## Two articles on understanding statistical error

Today I want to share two articles today which call on the public to try to understand scientific error at a deeper level than we do now.

First, an academic journal called *Basic and Applied Social Psychology* (*BASP*) has decided to ban articles using p-values. This was written up in Nature news (hat tip Nikki Leger) with an excellent discussion of the good and bad things that might result. On the one hand, p-values are thoroughly gamed and too easy to achieve with repetitive testing, resulting in a corpus that is skewed towards such testing situations. On the other hand, if you get rid of p-values you have to replace them with something to give you an idea of whether a statistical result is interesting.

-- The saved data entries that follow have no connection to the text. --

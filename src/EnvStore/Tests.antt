-- ===== src/EnvStore/Tests.antt =====
-- The theorems on the environment store at small stores.
use stdiod.Base.{
  ℕ, String, ◌≡◌, refl, ◌⊎◌, Option, none, some, List, [], ◌∷◌, ok, err, or_else, ◌≢◌, ◌==◌,
  if◌then◌else◌,
}
use stdiod.Base.Assoc.{lookup}
use stdiod.EnvStore.{
  ServerSpec, Disk, WriteFault, kept, lost, servers, EnvStore, write_failed, open_at, get, entry,
  merge_env, merge_template_values, remove,
}
use stdiod.EnvStore.Merge.{merge_template_values_lem, merge_env_lem}
use stdiod.EnvStore.Persist.{
  InSync, Mutation, merge_vars, drop, LoadsOneOf, apply_each, reported, apply_each-IsRecovered,
  remove-open_at,
}

abbrev writable : ℕ → Option WriteFault
writable n = none

abbrev full : ℕ → Option WriteFault
full ℕ.zero = some kept
full (ℕ.suc n) = none

abbrev files : String
files = "files"

abbrev git : String
git = "git"

abbrev stored_spec : ServerSpec
stored_spec = record { env = ("TOKEN", "old") ∷ []; templated_args = ("path", "/srv") ∷ [] }

abbrev store : EnvStore
store = record { path = "env.json"; entries = ("files", stored_spec) ∷ [] }

abbrev disk : Disk
disk = record {
  files = λ p. if "env.json" == p then some (servers store.entries) else none;
  writes = 0;
}

store-InSync : InSync store disk
unfolding open_at
store-InSync = refl

abbrev ops : List (Mutation × String)
ops = (merge_vars (("TOKEN", "new") ∷ []), "files") ∷ (drop, "files") ∷ []

apply_each-IsRecovered_example :
    let after = apply_each full ops store disk in
    (LoadsOneOf store.path after.1 (store ∷ reported full ops store disk)
      ⊎ ((open_at store.path after.1 ≡ ok (record { path = store.path; entries = [] }))
          × (n : ℕ) × (full n ≡ some lost)))
    × (((n : ℕ) → full n ≡ none) → InSync after.0 after.1)
apply_each-IsRecovered_example = apply_each-IsRecovered full ops store disk store-InSync

remove-open_at_example :
    let first = remove full "files" store disk in
    let retry = remove full "files" first.0 first.1 in
    (first.2 ≡ err write_failed)
    × (retry.2 ≡ ok tt)
    × (get "files" retry.0 ≡ none)
    × (open_at store.path retry.1 ≡ ok store)
unfolding get lookup
remove-open_at_example = remove-open_at full "files" store disk stored_spec store-InSync refl refl

merge_template_values_lem_example :
    let after =
      (merge_template_values writable "files" (some (("TOKEN", "new") ∷ [])) none store disk).0 in
    (lookup "TOKEN" (entry "files" after).env
      ≡ or_else (lookup "TOKEN" (("TOKEN", "new") ∷ [])) (lookup "TOKEN" (entry "files" store).env))
    × (lookup "TOKEN" (entry "files" after).templated_args
        ≡ or_else none (lookup "TOKEN" (entry "files" store).templated_args))
    × (files ≢ git → get "git" after ≡ get "git" store)
unfolding lookup
merge_template_values_lem_example =
    merge_template_values_lem writable "files" (some (("TOKEN", "new") ∷ [])) none store disk
      (refl, tt) tt "TOKEN" "git"

merge_env_lem_example :
    let after = (merge_env writable "files" (("TOKEN", "new") ∷ []) store disk).0 in
    (lookup "TOKEN" (entry "files" after).env
      ≡ or_else (lookup "TOKEN" (("TOKEN", "new") ∷ [])) (lookup "TOKEN" (entry "files" store).env))
    × ((entry "files" after).templated_args ≡ (entry "files" store).templated_args)
    × (files ≢ git → get "git" after ≡ get "git" store)
unfolding lookup
merge_env_lem_example =
    merge_env_lem writable "files" (("TOKEN", "new") ∷ []) store disk (refl, tt) "TOKEN" "git"
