-- ===== src/Platform.antt =====
-- crates/edison-stdiod/src/platform: the registration of the daemon with the host's service manager.
pub mod Linux
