-- ===== src/Platform/Linux.antt =====
-- crates/edison-stdiod/src/platform/linux.rs: the systemd user unit. The files that matter are the unit and
-- its temporary copy; what each call of `systemctl` and of the file system comes to is the argument `Os`.
pub mod Settings
pub mod Registration
pub mod Removal
pub mod Tests
use stdiod.Base.{
  ℕ, ◌+◌, String, Bool, true, false, not, Option, none, some, List, [], ◌∷◌, ◌++◌, Result, ok, err,
  or_fail, map_err, ◌>>=◌, ◌>>◌, if◌then◌else◌, ◌==◌,
}
use stdiod.Base.Text.{append, contains, trim}
use stdiod.Config.{PersistedConfig, FileRead, load_from}
use stdiod.Config.Backend.{Url, ensure_installable}

abbrev pub unit_name : String
unit_name = "edison-stdiod.service"

-- `process::Output`
pub record Output : Type 0 where
  pub success : Bool
  pub stdout : String
  pub stderr : String

-- The unit file, its temporary copy, and the calls of `systemctl` so far, the last one first.
pub record Service : Type 0 where
  pub unit : Option String
  pub temporary : Option String
  pub calls : List (List String)

-- The host: its answers to `systemctl`, by how many calls came before, and whether the steps on files
-- succeed. What a write that fails leaves of the temporary copy is not kept.
pub record Os : Type 0 where
  pub home_dir : Option String
  pub systemctl : ℕ → List String → Result String Output
  pub current_exe : Result String String
  pub daemon_log_file : Result String String
  pub make_log_dir : Result String Unit
  pub make_unit_dir : Result String Unit
  pub write_temporary : Result String Unit
  pub rename_temporary : Result String Unit
  pub remove_unit : Option String

abbrev pub Step : Type 0 → Type 0
Step A = Service → Result String A × Service

-- `?`: what follows a step that succeeded.
unfoldable pub then_step :
    {A B : Type 0} → Result String A × Service → (A → Step B) → Result String B × Service
then_step (ok a, s) next = next a s
then_step (err e, s) next = (err e, s)

-- A value that does not depend on the service.
abbrev pub pure_step : {A : Type 0} → Result String A → Step A
pure_step r s = (r, s)

count_calls : List (List String) → ℕ
count_calls [] = 0
count_calls (c ∷ more) = count_calls more + 1

unfoldable pub render_unit : (binary log : String) → String
render_unit binary log =
    append
      "[Unit]\nDescription=Edison Watch stdio tunnel daemon\nDocumentation=https://edison.watch\nAfter=network-online.target\nWants=network-online.target\n\n[Service]\nType=simple\nExecStart=\""
      (append binary (
        append
          "\" run\nRestart=on-failure\nRestartSec=5\nEnvironment=PATH=%h/.local/bin:%h/bin:/usr/local/bin:/usr/bin:/bin:/usr/local/sbin:/usr/sbin:/sbin\nStandardOutput=append:"
          (append log (
            append "\nStandardError=append:"
              (append log "\n\n[Install]\nWantedBy=default.target\n")))))

module _ (os : Os) where
  -- `systemctl --user <args>`
  unfoldable pub systemctl : List String → Step Output
  unfolding count_calls
  systemctl args s = (os.systemctl (count_calls s.calls) args, record s { calls = args ∷ s.calls })

  answers : Result String Output → Bool
  answers (ok out) = not (contains "Failed to connect to bus" out.stderr)
  answers (err e) = false

  unfoldable pub systemd_user_available : Service → Bool × Service
  unfolding answers
  systemd_user_available s = let r = systemctl ("is-system-running" ∷ []) s in (answers r.0, r.1)

  unfoldable pub unit_path : Result String String
  unit_path = do
    home ← or_fail os.home_dir "HOME not set"
    _ ← os.make_unit_dir
    ok (append home (append "/.config/systemd/user/" unit_name))

  -- The temporary file is written, then renamed over the unit.
  unfoldable pub write_unit : String → Step Unit
  write_unit body s = elim os.write_temporary [
    | err e ↦ (err e, s)
    | ok _ ↦ elim os.rename_temporary [
      | err e ↦ (err e, record s { temporary = some body })
      | ok _ ↦ (ok tt, record s { unit = some body; temporary = none })
    ]
  ]

  -- What the unit is made from.
  unfoldable pub unit_body : Result String String
  unit_body = do
    binary ← os.current_exe
    log ← os.daemon_log_file
    _ ← os.make_log_dir
    _ ← unit_path
    ok (render_unit binary log)

  unfoldable pub enable : Step Unit
  enable s = then_step (systemctl ("enable" ∷ "--now" ∷ unit_name ∷ []) s) λ out s'.
      if out.success then (ok tt, s') else (
        err (
            append "systemctl --user enable --now edison-stdiod.service failed: "
              (trim out.stderr)),
        s',
      )

  -- Once the configuration is checked and systemd answers. A failed reload is only logged.
  unfoldable pub register : Step Unit
  register s = then_step (pure_step unit_body s) λ body s1.
      then_step (write_unit body s1)
        λ _ s2. then_step (systemctl ("daemon-reload" ∷ []) s2) λ _ s3. enable s3

  unfoldable pub install : (String → Option Url) → String → FileRead → Step Unit
  install parse path file s =
      then_step (pure_step (load_from path file >>= ensure_installable parse) s) λ _ s1.
        let (available, s2) = systemd_user_available s1 in
        if available
        then register s2
        else (err "no systemd user instance is available on this system", s2)

  -- `disable --now`, if there is a bus; its failure is ignored, but not that it could not be run.
  unfoldable pub disable : Step Unit
  disable s =
      let (available, s1) = systemd_user_available s in
      if available
      then then_step (systemctl ("disable" ∷ "--now" ∷ unit_name ∷ []) s1) (λ _ s2. (ok tt, s2))
      else (ok tt, s1)

  -- `remove_file`, with a missing file as success.
  unfoldable pub remove_found : Option String → Step Unit
  remove_found none s = (ok tt, s)
  remove_found (some body) s = elim os.remove_unit [
    | some e ↦ (err e, s)
    | none ↦ (ok tt, record s { unit = none })
  ]

  unfoldable pub remove_unit : Step Unit
  remove_unit s = remove_found s.unit s

  unfoldable pub reload_after : Step Unit
  reload_after s =
      let (available, s1) = systemd_user_available s in
      if available then (ok tt, (systemctl ("daemon-reload" ∷ []) s1).1) else (ok tt, s1)

  unfoldable pub uninstall : Step Unit
  uninstall s = then_step (disable s) λ _ s1.
      then_step (pure_step unit_path s1) λ _ s2. then_step (remove_unit s2) λ _ s3. reload_after s3

  unfoldable pub is_installed : Service → Bool
  is_installed s = elim os.home_dir [
    | none ↦ false
    | some home ↦ elim s.unit [ none ↦ false | some body ↦ true ]
  ]

  unfoldable pub is_running : Step Bool
  is_running s =
      let (available, s1) = systemd_user_available s in
      if available
      then then_step (systemctl ("is-active" ∷ unit_name ∷ []) s1)
          (λ out s2. (ok (trim out.stdout == "active"), s2))
      else (ok false, s1)
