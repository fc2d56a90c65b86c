-- ===== src/Platform/Linux/Settings.antt =====
-- What systemd reads in the unit file.
use Prim.Native.Char.{Char, code}
use stdiod.Base.{
  String, Bool, true, ◌&&◌, not, ◌≡◌, refl, ◌∙◌, ap, Option, none, some, List, [], ◌∷◌,
  if◌then◌else◌, eqb, arith,
}
use stdiod.Base.Text.{append}
use stdiod.Platform.Linux.{render_unit}

-- A character put before the first line.
unfoldable pub onto_line : Char → List String → List String
onto_line c [] = String.◌∷◌ c "" ∷ []
onto_line c (line ∷ lines) = String.◌∷◌ c line ∷ lines

unfoldable pub lines : String → List String
lines String.[] = "" ∷ []
lines (String.◌∷◌ c s) =
    let rest = lines s in if eqb (code c) 10 then "" ∷ rest else onto_line c rest

unfoldable pub is_line : String → Bool
is_line String.[] = true
is_line (String.◌∷◌ c s) = not (eqb (code c) 10) && is_line s

-- The text after a prefix.
unfoldable pub after_prefix : String → String → Option String
after_prefix String.[] s = some s
after_prefix (String.◌∷◌ c p) String.[] = none
after_prefix (String.◌∷◌ c p) (String.◌∷◌ d s) =
    let rest = after_prefix p s in if eqb (code c) (code d) then rest else none

-- The values that the lines give a setting, in their order.
unfoldable pub values_of : String → List String → List String
values_of key [] = []
values_of key (line ∷ more) = elim (after_prefix (append key "=") line) [
  | some value ↦ value ∷ values_of key more
  | none ↦ values_of key more
]

-- A text put before the first line.
unfoldable pub text_onto : String → List String → List String
text_onto String.[] lines = lines
text_onto (String.◌∷◌ c s) lines = onto_line c (text_onto s lines)

pub lines-append : (s t : String) → is_line s ≡ true → lines (append s t) ≡ text_onto s (lines t)
unfolding lines append is_line text_onto
lines-append String.[] t h = refl
lines-append (String.◌∷◌ c s) t h = ground (arith, lines-append s t)

pub text_onto-first :
    (s line : String) (more : List String) → text_onto s (line ∷ more) ≡ append s line ∷ more
unfolding text_onto append onto_line
text_onto-first String.[] line more = refl
text_onto-first (String.◌∷◌ c s) line more = ap (onto_line c) (text_onto-first s line more)

-- What the unit says of the program and its log, read line by line.
pub record IsService (binary log unit : String) : Type 0 where
  pub starts : values_of "ExecStart" (lines unit) ≡ append "\"" (append binary "\" run") ∷ []
  pub restarts : values_of "Restart" (lines unit) ≡ "on-failure" ∷ []
  pub output : values_of "StandardOutput" (lines unit) ≡ append "append:" log ∷ []
  pub errors : values_of "StandardError" (lines unit) ≡ append "append:" log ∷ []
  pub wanted : values_of "WantedBy" (lines unit) ≡ "default.target" ∷ []

append-nothing : (s : String) → append s "" ≡ s
unfolding append
append-nothing String.[] = refl
append-nothing (String.◌∷◌ c s) = ap (λ t. String.◌∷◌ c t) (append-nothing s)

-- A value at the end of its line, with the rest of the text from the next line on.
value_line :
    (value t : String) (more : List String)
    → is_line value ≡ true
    → lines t ≡ "" ∷ more
    → lines (append value t) ≡ value ∷ more
value_line value t more h e =
    lines-append value t h
    ∙ ap (text_onto value) e
    ∙ text_onto-first value "" more
    ∙ ap (λ line. line ∷ more) (append-nothing value)

abbrev install_lines : List String
install_lines = "" ∷ "[Install]" ∷ "WantedBy=default.target" ∷ "" ∷ []

abbrev service_lines : String → List String
service_lines log =
    "Restart=on-failure"
    ∷ "RestartSec=5"
    ∷ "Environment=PATH=%h/.local/bin:%h/bin:/usr/local/bin:/usr/bin:/bin:/usr/local/sbin:/usr/sbin:/sbin"
    ∷ append "StandardOutput=append:" log
    ∷ append "StandardError=append:" log
    ∷ install_lines

abbrev before_program : List String → List String
before_program rest =
    "[Unit]" ∷ "Description=Edison Watch stdio tunnel daemon" ∷ "Documentation=https://edison.watch"
    ∷ "After=network-online.target" ∷ "Wants=network-online.target" ∷ "" ∷ "[Service]"
    ∷ "Type=simple" ∷ rest

lines-render_unit :
    (binary log : String)
    → is_line binary ≡ true
    → is_line log ≡ true
    → lines (render_unit binary log)
      ≡ before_program (append "ExecStart=\"" (append binary "\" run") ∷ service_lines log)
unfolding render_unit lines append onto_line text_onto
lines-render_unit binary log b l =
    let log_errors : lines (append log "\n\n[Install]\nWantedBy=default.target\n")
        ≡ log ∷ install_lines =
      value_line log _ install_lines l refl in
    let log_output : lines (
          append log (
            append "\nStandardError=append:"
              (append log "\n\n[Install]\nWantedBy=default.target\n")))
        ≡ log ∷ append "StandardError=append:" log ∷ install_lines =
      value_line log _ _ l (ap (λ ls. "" ∷ text_onto "StandardError=append:" ls) log_errors) in
    ap (λ ls. before_program (text_onto "ExecStart=\"" ls))
      (lines-append binary _ b
        ∙ ap
            (λ ls. text_onto binary (
              "\" run"
              ∷ "Restart=on-failure"
              ∷ "RestartSec=5"
              ∷ "Environment=PATH=%h/.local/bin:%h/bin:/usr/local/bin:/usr/bin:/bin:/usr/local/sbin:/usr/sbin:/sbin"
              ∷ text_onto "StandardOutput=append:" ls))
            log_output
        ∙ text_onto-first binary "\" run" (service_lines log))

-- The unit starts this program, restarts it, and appends both outputs to this log.
pub render_unit-IsService :
    (binary log : String)
    → is_line binary ≡ true
    → is_line log ≡ true
    → IsService binary log (render_unit binary log)
unfolding values_of after_prefix append
render_unit-IsService binary log b l =
    let read = lines-render_unit binary log b l in
    record {
      starts = ap (values_of "ExecStart") read;
      restarts = ap (values_of "Restart") read;
      output = ap (values_of "StandardOutput") read;
      errors = ap (values_of "StandardError") read;
      wanted = ap (values_of "WantedBy") read;
    }
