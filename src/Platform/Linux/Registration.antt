-- ===== src/Platform/Linux/Registration.antt =====
-- What installing the service leaves.
use stdiod.Base.{String, ◌≡◌, some, [], ◌∷◌, ok}
use stdiod.Platform.Linux.{Os, Service, unit_name, render_unit}

module _ (os : Os) where
  -- The unit is complete and the calls were made, when registering succeeded.
  record IsRegistered (before after : Service) : Type 0 where
    pub binary : String
    pub log : String
    pub found : os.current_exe ≡ ok binary
    pub logs : os.daemon_log_file ≡ ok log
    pub unit : after.unit ≡ some (render_unit binary log)
    pub calls :
        after.calls ≡ ("enable" ∷ "--now" ∷ unit_name ∷ []) ∷ ("daemon-reload" ∷ []) ∷ before.calls
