-- ===== src/Platform/Linux/Removal.antt =====
-- What removing the service leaves.
use stdiod.Base.{
  String, ◌≡◌, ◌≢◌, refl, sym, ◌∙◌, ap, inl, inr, Option, none, some, Result, ok, err, Option-cases,
  if_rule,
}
use stdiod.Platform.Linux.{
  Os, Service, Step, then_step, pure_step, systemctl, systemd_user_available, unit_path, disable,
  remove_unit, remove_found, reload_after, uninstall,
}

-- What holds of every way through a step and its continuation.
then_step-rule :
    {A B : Type 0} (P : Result String B × Service → Type 0) (r : Result String A × Service)
    (next : A → Step B)
    → ((a : A) (t : Service) → r ≡ (ok a, t) → P (next a t))
    → ((e : String) (t : Service) → r ≡ (err e, t) → P (err e, t))
    → P (then_step r next)
unfolding then_step
then_step-rule P (ok a, t) next good bad = good a t refl
then_step-rule P (err e, t) next good bad = bad e t refl

-- A success leaves no unit, an error the unit as it was.
abbrev IsRemoval : Service → Result String Unit × Service → Type 0
IsRemoval before r =
    (r.0 ≡ ok tt → r.1.unit ≡ none) × ((e : String) → r.0 ≡ err e → r.1.unit ≡ before.unit)

module _ (os : Os) where
  abbrev SameUnit : {A : Type 0} → Service → Result String A × Service → Type 0
  SameUnit s r = r.1.unit ≡ s.unit

  disable-SameUnit : (s : Service) → SameUnit s (disable os s)
  unfolding disable systemd_user_available systemctl
  disable-SameUnit s =
      if_rule (SameUnit s) (systemd_user_available os s).0 _ _
        (λ _.
          then_step-rule (SameUnit s) _ _ (λ out t e. ap (λ p. p.1.unit) (sym e))
            λ x t e. ap (λ p. p.1.unit) (sym e))
        (λ _. refl)

  reload_after-IsRemoval : (s : Service) → s.unit ≡ none → IsRemoval s (reload_after os s)
  unfolding reload_after systemd_user_available systemctl
  reload_after-IsRemoval s gone =
      if_rule (IsRemoval s) (systemd_user_available os s).0 _ _ (λ _. (λ h. gone, λ e h. refl))
        (λ _. (λ h. gone, λ e h. refl))

  reload_fine : (s : Service) (e : String) → (reload_after os s).0 ≢ err e
  unfolding reload_after
  reload_fine s e =
      let P : Result String Unit × Service → Type 0 = λ r. r.0 ≢ err e in
      if_rule P (systemd_user_available os s).0 _ _ (λ _ h. cc) (λ _ h. cc)

  remove_found-IsRemoval :
      (found : Option String) (s : Service) → s.unit ≡ found → IsRemoval s (remove_found os found s)
  unfolding remove_found
  remove_found-IsRemoval none s e = (λ h. e, λ x h. refl)
  remove_found-IsRemoval (some body) s e = elim (Option-cases os.remove_unit) [
    | inl f ↦ rw (f, remove_found) (λ h. refl, λ x h. cc)
    | inr (x, f) ↦ rw (f, remove_found) (λ h. cc, λ x' h. refl)
  ]

  IsRemoval-start :
      (s t : Service) (r : Result String Unit × Service)
      → t.unit ≡ s.unit
      → IsRemoval t r
      → IsRemoval s r
  IsRemoval-start s t r same (gone, kept) = (gone, λ e h. kept e h ∙ same)

  -- Removing the service leaves no unit file when it reports success, and the unit file as it was when
  -- it reports an error.
  pub uninstall-IsRemoval :
      (s : Service)
      → let r = uninstall os s in
        (r.0 ≡ ok tt → r.1.unit ≡ none) × ((e : String) → r.0 ≡ err e → r.1.unit ≡ s.unit)
  unfolding uninstall remove_unit
  uninstall-IsRemoval s =
      then_step-rule (IsRemoval s) (disable os s) _
        (λ _ s1 off.
          let kept : s1.unit ≡ s.unit = ap (λ p. p.1.unit) (sym off) ∙ disable-SameUnit s in
          then_step-rule (IsRemoval s) (pure_step (unit_path os) s1) _
            (λ _ s2 known.
              let kept2 : s2.unit ≡ s.unit = ap (λ p. p.1.unit) (sym known) ∙ kept in
              let removal = remove_found-IsRemoval s2.unit s2 refl in
              then_step-rule (IsRemoval s) (remove_unit os s2) _
                (λ _ s3 done.
                  let gone : s3.unit ≡ none =
                    ap (λ p. p.1.unit) (sym done) ∙ removal.0 (ap (λ p. p.0) done) in
                  (λ h. (reload_after-IsRemoval s3 gone).0 h, λ e h. absurd (reload_fine s3 e h)))
                λ e s3 failed. (
                  λ h. cc,
                  λ x h.
                      ap (λ p. p.1.unit) (sym failed) ∙ removal.1 e (ap (λ p. p.0) failed) ∙ kept2,
                ))
            λ e s2 failed. (λ h. cc, λ x h. ap (λ p. p.1.unit) (sym failed) ∙ kept))
        λ e s1 failed. (λ h. cc, λ x h. ap (λ p. p.1.unit) (sym failed) ∙ disable-SameUnit s)
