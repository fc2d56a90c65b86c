-- ===== src/Platform/Linux/Tests.antt =====
-- The theorems on the systemd unit at a host where every call succeeds.
use stdiod.Base.{String, ◌≡◌, true, Option, none, some, [], ◌∷◌, ok, err, if◌then◌else◌, ◌==◌}
use stdiod.Config.{PersistedConfig, default_config, Machine}
use stdiod.Config.Backend.{Url, domain}
use stdiod.Platform.Linux.{Os, Service, Output, unit_name, render_unit, uninstall, systemctl}
use stdiod.Platform.Linux.Removal.{uninstall-IsRemoval}

abbrev site : String
site = "https://edison.test"

abbrev parse : String → Option Url
parse raw =
    if raw == site
    then some (record {
      scheme = "https";
      username = "";
      password = none;
      host = some (domain "edison.test");
      path = "/";
      query = none;
      fragment = none;
      text = site;
    })
    else none

abbrev machine : Machine
machine = record { hostname_var = none; computername_var = none; hostname_command = some "laptop" }

abbrev saved : PersistedConfig
saved = record default_config { backend_url = some site; api_key = some "key" }

abbrev fine : Output
fine = record { success = true; stdout = "active"; stderr = "" }

abbrev os : Os
os = record {
  home_dir = some "/home/me";
  systemctl = λ n args. ok fine;
  current_exe = ok "/usr/bin/edison-stdiod";
  daemon_log_file = ok "/home/me/daemon.log";
  make_log_dir = ok tt;
  make_unit_dir = ok tt;
  write_temporary = ok tt;
  rename_temporary = ok tt;
  remove_unit = none;
}

abbrev before : Service
before = record { unit = none; temporary = none; calls = [] }

abbrev after : Service
after = record {
  unit = some (render_unit "/usr/bin/edison-stdiod" "/home/me/daemon.log");
  temporary = none;
  calls =
      ("enable" ∷ "--now" ∷ unit_name ∷ [])
      ∷ ("daemon-reload" ∷ [])
      ∷ ("is-system-running" ∷ [])
      ∷ [];
}

uninstall-IsRemoval_example :
    let r = uninstall os after in
    (r.0 ≡ ok tt → r.1.unit ≡ none) × ((e : String) → r.0 ≡ err e → r.1.unit ≡ after.unit)
uninstall-IsRemoval_example = uninstall-IsRemoval os after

Of course there are plenty others out there, but they too may quickly become gamed.

Second, The Big Story has an in-depth article on evidence-based sentencing and paroling models and what can go wrong there (hat tip Auros Harman). They focus on the fact that the people filling out the questionnaires can and do lie in order to game their scores and leave jail earlier. They also mention the fact that the scores are quite unrobust to small changes in input, specifically age. Finally, they punish people for being poor or for “hanging out with the wrong crowd” or even for having parents that went to jail.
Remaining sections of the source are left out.